## Directions for this task
Look below for the line containing "breaker_open = insert"; from there through the line containing "unfolding add_servers", both lines included, please set down each line exactly and nothing else.

## Provided data
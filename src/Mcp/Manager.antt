-- ===== src/Mcp/Manager.antt =====
-- internal/module/agent/infrastructure/mcp/manager.go: the servers and the permission to call one.
-- A server is reached through the map, which the constructor fills and nothing changes, so a method
-- on a server is a function that puts the new server in its place. A client is a number, its
-- identity. The metrics that the methods set are kept; log lines are not. `acquire` and `done` are
-- taken without interruption, and the clock is an argument wherever the code reads it.
pub mod Gates
use kubeflare.Prelude.{
  ℕ, ◌+◌, String, Bool, true, false, Option, none, some, List, [], ◌∷◌, ◌++◌, if◌then◌else◌, pos,
}
use kubeflare.Prelude.Dict.{lookup, insert}
use kubeflare.Limiter.{KeyedSemaphore, Handle, new_keyed_semaphore}
use kubeflare.Limiter
use kubeflare.Mcp.Breaker.{
  CircuitBreaker, new_circuit_breaker, allow, record_result, is_open, default_breaker_threshold,
  default_breaker_cooldown,
}
use kubeflare.Mcp.Tools.{ServerConfig, ToolDefinition, with_defaults}

pub data ConnState : Type 0 where
  disconnected connecting ready failed : ConnState

pub record ManagedServer : Type 0 where
  pub config : ServerConfig
  pub breaker : CircuitBreaker
  pub limiter : KeyedSemaphore
  pub state : ConnState
  pub client : Option ℕ
  pub last_tools : List ToolDefinition
  pub has_tools : Bool

-- The gauges that a `*Metrics` holds by server.
pub record Metrics : Type 0 where
  pub server_state : List (String × ConnState)
  pub breaker_open : List (String × Bool)

-- The metrics may be nil.
pub record Manager : Type 0 where
  pub servers : List (String × ManagedServer)
  pub metrics : Option Metrics
  pub closed : Bool

unfoldable pub set_state : String → ConnState → Option Metrics → Option Metrics
set_state server state none = none
set_state server state (some m) =
    some (record m { server_state = insert server state m.server_state })

unfoldable pub set_breaker_open : String → Bool → Option Metrics → Option Metrics
set_breaker_open server open_ none = none
set_breaker_open server open_ (some m) =
    some (record m { breaker_open = insert server open_ m.breaker_open })

-- The server that the constructor makes from a configuration with its defaults filled in.
unfoldable pub managed_server : ServerConfig → ManagedServer
managed_server cfg = record {
  config = cfg;
  breaker = new_circuit_breaker (pos default_breaker_threshold) (pos default_breaker_cooldown);
  limiter = new_keyed_semaphore cfg.max_concurrency;
  state = disconnected;
  client = none;
  last_tools = [];
  has_tools = false;
}

-- `buildConnect` checks the transport and calls the constructors of the transports, which stand
-- outside the model: a parameter tells whether it succeeds.
unfoldable pub add_servers :
    (ServerConfig → Bool)
    → List ServerConfig
    → List (String × ManagedServer)
    → List (String × ManagedServer)
unfolding managed_server
add_servers build_connect [] servers = servers
add_servers build_connect (raw ∷ raws) servers =
    let cfg = with_defaults raw in
    add_servers build_connect raws
      (if build_connect cfg then insert cfg.name (managed_server cfg) servers else servers)

unfoldable pub new_manager : (ServerConfig → Bool) → List ServerConfig → Option Metrics → Manager
unfolding add_servers
new_manager build_connect raws metrics = record {
  servers = add_servers build_connect raws [];
  metrics = metrics;
  closed = false;
}

unfoldable pub snapshot_tools : ManagedServer → Option (List ToolDefinition)
snapshot_tools s = if s.has_tools then some s.last_tools else none

unfoldable pub store_tools : List ToolDefinition → ManagedServer → ManagedServer
store_tools tools s = record s { last_tools = tools; has_tools = true }

abbrev tools_of : Option ManagedServer → Option (List ToolDefinition)
tools_of none = none
tools_of (some s) = snapshot_tools s

unfoldable pub tools : Manager → String → Option (List ToolDefinition)
unfolding snapshot_tools
tools m server = tools_of (lookup server m.servers)

abbrev or_none : Option (List ToolDefinition) → List ToolDefinition
or_none none = []
or_none (some ts) = ts

unfoldable pub all_tools_of : List (String × ManagedServer) → List ToolDefinition
unfolding snapshot_tools
all_tools_of [] = []
all_tools_of ((name, s) ∷ servers) = or_none (snapshot_tools s) ++ all_tools_of servers

unfoldable pub all_tools : Manager → List ToolDefinition
unfolding all_tools_of
all_tools m = all_tools_of m.servers

pub data Refusal : Type 0 where
  unknown_server busy breaker_open : Refusal

-- The closure `done`: the handle that it releases, and whether its `Once` has run.
pub record Done : Type 0 where
  pub server : String
  pub release : Handle
  pub fired : Bool

pub data Admission : Type 0 where
  refused : Refusal → Admission
  granted : Done → Admission

unfoldable pub put_server : String → ManagedServer → Manager → Manager
put_server name s m = record m { servers = insert name s m.servers }

abbrev breaker_gate :
    String → Handle → ManagedServer → CircuitBreaker × Bool → Manager → Manager × Admission
breaker_gate name handle s (breaker, true) m = (
  put_server name (record s { breaker = breaker }) m,
  granted (record { server = name; release = handle; fired = false }),
)
breaker_gate name handle s (breaker, false) m = (
  record (put_server name
      (record s { breaker = breaker; limiter = (Limiter.call handle s.limiter).1 }) m) {
        metrics = set_breaker_open name true m.metrics;
      },
  refused breaker_open,
)

abbrev limiter_gate :
    ℕ → String → ManagedServer → KeyedSemaphore × Option Handle → Manager → Manager × Admission
limiter_gate now name s (limiter, none) m =
    (put_server name (record s { limiter = limiter }) m, refused busy)
limiter_gate now name s (limiter, some handle) m =
    breaker_gate name handle (record s { limiter = limiter }) (allow now s.breaker) m

abbrev acquire_from : ℕ → String → Option ManagedServer → Manager → Manager × Admission
acquire_from now name none m = (m, refused unknown_server)
acquire_from now name (some s) m = limiter_gate now name s (Limiter.acquire s.limiter name) m

unfoldable pub acquire : ℕ → String → Manager → Manager × Admission
unfolding put_server set_breaker_open
acquire now server m = acquire_from now server (lookup server m.servers) m

abbrev finish : ℕ → ℕ → Bool → Done → Option ManagedServer → Manager → Manager
finish now later success d none m = m
finish now later success d (some s) m =
    let breaker = record_result now success s.breaker in
    record (put_server d.server
      (record s { breaker = breaker; limiter = (Limiter.call d.release s.limiter).1 }) m) {
        metrics = set_breaker_open d.server (is_open later breaker) m.metrics;
      }

-- `done(success)`, with what the clock says to `record` and then to `isOpen`.
unfoldable pub done : ℕ → ℕ → Bool → Done → Manager → Done × Manager
unfolding put_server set_breaker_open
done now later success d m =
    if d.fired
    then (d, m)
    else (record d { fired = true }, finish now later success d (lookup d.server m.servers) m)

unfoldable pub health_check : String → Manager → Bool
health_check server m = elim (lookup server m.servers) [
  | none ↦ false
  | some s ↦ elim s.state [ ready ↦ true | _ ↦ false ]
]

## Solution to this exercise
    some (record m { breaker_open = insert server open_ m.breaker_open })

-- The server that the constructor makes from a configuration with its defaults filled in.
unfoldable pub managed_server : ServerConfig → ManagedServer
managed_server cfg = record {
  config = cfg;
  breaker = new_circuit_breaker (pos default_breaker_threshold) (pos default_breaker_cooldown);
  limiter = new_keyed_semaphore cfg.max_concurrency;
  state = disconnected;
  client = none;
  last_tools = [];
  has_tools = false;
}

-- `buildConnect` checks the transport and calls the constructors of the transports, which stand
-- outside the model: a parameter tells whether it succeeds.
unfoldable pub add_servers :
    (ServerConfig → Bool)
    → List ServerConfig
    → List (String × ManagedServer)
    → List (String × ManagedServer)
unfolding managed_server
add_servers build_connect [] servers = servers
add_servers build_connect (raw ∷ raws) servers =
    let cfg = with_defaults raw in
    add_servers build_connect raws
      (if build_connect cfg then insert cfg.name (managed_server cfg) servers else servers)

unfoldable pub new_manager : (ServerConfig → Bool) → List ServerConfig → Option Metrics → Manager
unfolding add_servers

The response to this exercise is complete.